What the task requires: Please print the entries below exactly, from the line with "(Linked-put grown at" through the line with "(t.lib.heap ≡ s.lib.heap)", including both of those lines and leaving out all others.

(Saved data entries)
▼▼▼
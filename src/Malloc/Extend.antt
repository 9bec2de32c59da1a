-- ===== src/Malloc/Extend.antt =====
-- extend puts an allocated block behind the last one.
use cmpsc_473_operating_syst.Common.{
  ℕ, ◌+◌, ◌-◌, ◌^◌, ◌≤◌, ◌<◌, ◌≡◌, refl, ap, sym, ◌∙◌, ◌⊎◌, inl, inr, arith, Bool, true, false,
  List, [], ◌∷◌, ◌++◌, length, ltb, Bool-cases, Option, none, some,
}
use mathlib.Core.Path.{subst}
use mathlib.Core.List.{append-nil}
use cmpsc_473_operating_syst.Memlib.{pos, MemLib, mm_sbrk, mm_heap_hi}
use cmpsc_473_operating_syst.Malloc.{Mm, load, put, with_1, keep_2, signed, extend}
use cmpsc_473_operating_syst.Malloc.FreeList.{Outside, load-put, load-put_ne}
use cmpsc_473_operating_syst.Malloc.Blocks.{
  used, Row, row_end, row_end-append, last_used, vacancies, vacancies-append, flag, Sized,
  Tiled-write, Loose-above,
}
use cmpsc_473_operating_syst.Malloc.Vacancies.{In, Same, vacancies_within}
use cmpsc_473_operating_syst.Malloc.Around.{Runs-append, keep_2-flag}
use cmpsc_473_operating_syst.Malloc.Invariant.{IsHeap, Linked-put}

-- The two writes, at the epilogue `at` and the new one.
abbrev extended : ℕ → ℕ → Bool → Mm → Mm
extended at r u s = put (put s at (r + 1 + flag u)) (at + r) 3

-- What follows the call of mm_sbrk.
abbrev extend_from : ℕ → Mm → Option ℕ × MemLib → ℕ × Mm
extend_from required s (none, lib) = (0, record s { lib = lib })
extend_from required s (some new_block_ptr, lib) =
    let s0 = record s { lib = lib } in
    let header = new_block_ptr - 8 in
    let s1 = put s0 header (keep_2 (load s0 header) (with_1 required)) in
    (new_block_ptr, put s1 (lib.mem_brk - 1 + 1 - 8) 3)

extend-extend_from :
    (required : ℕ) (s : Mm)
    → extend required s ≡ extend_from required s (mm_sbrk (signed required) s.lib)
unfolding extend mm_heap_hi
extend-extend_from required s = ground arith

module _ (s : Mm) (bs : Row) (xs : List ℕ) (r : ℕ) (sized : Sized r) (h : IsHeap s bs xs) where
  abbrev a : ℕ
  a = s.lib.heap + 8

  abbrev at : ℕ
  at = row_end a bs

  abbrev u : Bool
  u = last_used true bs

  abbrev grown : Mm
  grown = record s { lib = record s.lib { mem_brk = s.lib.mem_brk + r } }

  abbrev s' : Mm
  s' = extended at r u grown

  flag-le : (v : Bool) → flag v ≤ 2
  flag-le true = omega arith
  flag-le false = omega arith

  sbrk_refused :
      r < 2 ^ 63 → s.lib.mem_max_addr < s.lib.mem_brk + r → mm_sbrk (signed r) s.lib ≡ (none, s.lib)
  unfolding mm_sbrk
  sbrk_refused small past =
      let positive : signed r ≡ pos r = ground arith in rw positive (ground arith)

  sbrk_grown :
      r < 2 ^ 63
      → s.lib.mem_brk + r ≤ s.lib.mem_max_addr
      → mm_sbrk (signed r) s.lib ≡ (some s.lib.mem_brk, grown.lib)
  unfolding mm_sbrk
  sbrk_grown small within =
      let positive : signed r ≡ pos r = ground arith in rw positive (ground arith)

  extend_refused : r < 2 ^ 63 → s.lib.mem_max_addr < s.lib.mem_brk + r → extend r s ≡ (0, s)
  extend_refused small past =
      extend-extend_from r s ∙ ap (extend_from r s) (sbrk_refused small past)

  extend-extended : r < 2 ^ 63 → s.lib.mem_brk + r ≤ s.lib.mem_max_addr → extend r s ≡ (at + 8, s')
  extend-extended small within =
      let (low, align, end, most, limit) = h.fits in
      let one : with_1 r ≡ r + 1 = let z = sized.1 in ground arith in
      let kept : keep_2 (load s at) (r + 1) ≡ r + 1 + flag u =
        ap (λ t. keep_2 t (r + 1)) h.runs.1
        ∙ keep_2-flag 1 (r + 1) u (omega arith) (let z = sized.1 in omega arith) in
      let old : s.lib.mem_brk - 8 ≡ at = omega arith in
      let new : s.lib.mem_brk + r - 1 + 1 - 8 ≡ at + r = omega arith in
      extend-extend_from r s
      ∙ ap (extend_from r s) (sbrk_grown small within)
      ∙ rw (new, old, one, kept, sym end) refl

  extend-IsHeap :
      s.lib.mem_brk + r ≤ s.lib.mem_max_addr
      → IsHeap s' (bs ++ used r (λ (i : ℕ). s'.mem (at + 8 + i)) ∷ []) xs
  extend-IsHeap within =
      let (low, align, end, most, limit) = h.fits in
      let c = λ (i : ℕ). s'.mem (at + 8 + i) in
      let new = used r c ∷ [] in
      let s1 = put grown at (r + 1 + flag u) in
      let tiled1 =
        Tiled-write s.mem true a at (r + 1 + flag u) bs (Loose-above at a bs (omega arith))
          h.runs.0 in
      let tiled =
        Tiled-write s1.mem true a (at + r) 3 bs (Loose-above (at + r) a bs (omega arith)) tiled1 in
      let header : load s' at ≡ r + 1 + flag u =
        load-put_ne s1 (at + r) 3 at (inl (let z = sized.0 in omega arith))
        ∙ load-put grown at (r + 1 + flag u) (omega (arith, flag-le u)) in
      let before =
        λ (x : ℕ) (i : In x xs). vacancies_within s.mem true a x bs h.runs.0 ((h.same x).0 i) in
      let outside1 : (x : ℕ) → In x xs → Outside at x = λ x i. inr (omega (arith, before x i)) in
      let outside2 : (x : ℕ) → In x xs → Outside (at + r) x =
        λ x i. inr (omega (arith, before x i)) in
      let free : vacancies a (bs ++ new) ≡ vacancies a bs =
        vacancies-append a bs new ∙ append-nil (vacancies a bs) in
      record {
        fits = (low, align, ap (λ t. t + 8) (row_end-append a bs new) ∙ omega arith, within, limit);
        runs =
            Runs-append s'.mem true a bs new tiled
              (((sized, header, λ i small. refl), tt), load-put s1 (at + r) 3 (omega arith));
        linked =
            Linked-put s1 (at + r) 3 0 s.free_block_pointer xs outside2
              (Linked-put grown at (r + 1 + flag u) 0 s.free_block_pointer xs outside1 h.linked);
        placed = h.placed;
        same = subst (Same xs) (sym free) h.same;
        counted = h.counted ∙ ap length (sym free);
      }

  pub extend_cases :
      r < 2 ^ 63
      → ((extend r s ≡ (0, s)) × (s.lib.mem_max_addr < s.lib.mem_brk + r))
        ⊎ ((t : Mm) × (c : ℕ → ℕ) × ((extend r s ≡ (at + 8, t))
              × (t.lib.heap ≡ s.lib.heap)
              × IsHeap t (bs ++ used r c ∷ []) xs))
  extend_cases small = elim (Bool-cases (ltb s.lib.mem_max_addr (s.lib.mem_brk + r))) [
    | inl past ↦
        let over : s.lib.mem_max_addr < s.lib.mem_brk + r = ground arith in
        inl (extend_refused small over, over)
    | inr fits ↦
        let within : s.lib.mem_brk + r ≤ s.lib.mem_max_addr = ground arith in
        inr (
          s',
          λ (i : ℕ). s'.mem (at + 8 + i),
          (extend-extended small within, refl, extend-IsHeap within),
        )
  ]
▲▲▲
Solution for this task:
              (Linked-put grown at (r + 1 + flag u) 0 s.free_block_pointer xs outside1 h.linked);
        placed = h.placed;
        same = subst (Same xs) (sym free) h.same;
        counted = h.counted ∙ ap length (sym free);
      }

  pub extend_cases :
      r < 2 ^ 63
      → ((extend r s ≡ (0, s)) × (s.lib.mem_max_addr < s.lib.mem_brk + r))
        ⊎ ((t : Mm) × (c : ℕ → ℕ) × ((extend r s ≡ (at + 8, t))
              × (t.lib.heap ≡ s.lib.heap)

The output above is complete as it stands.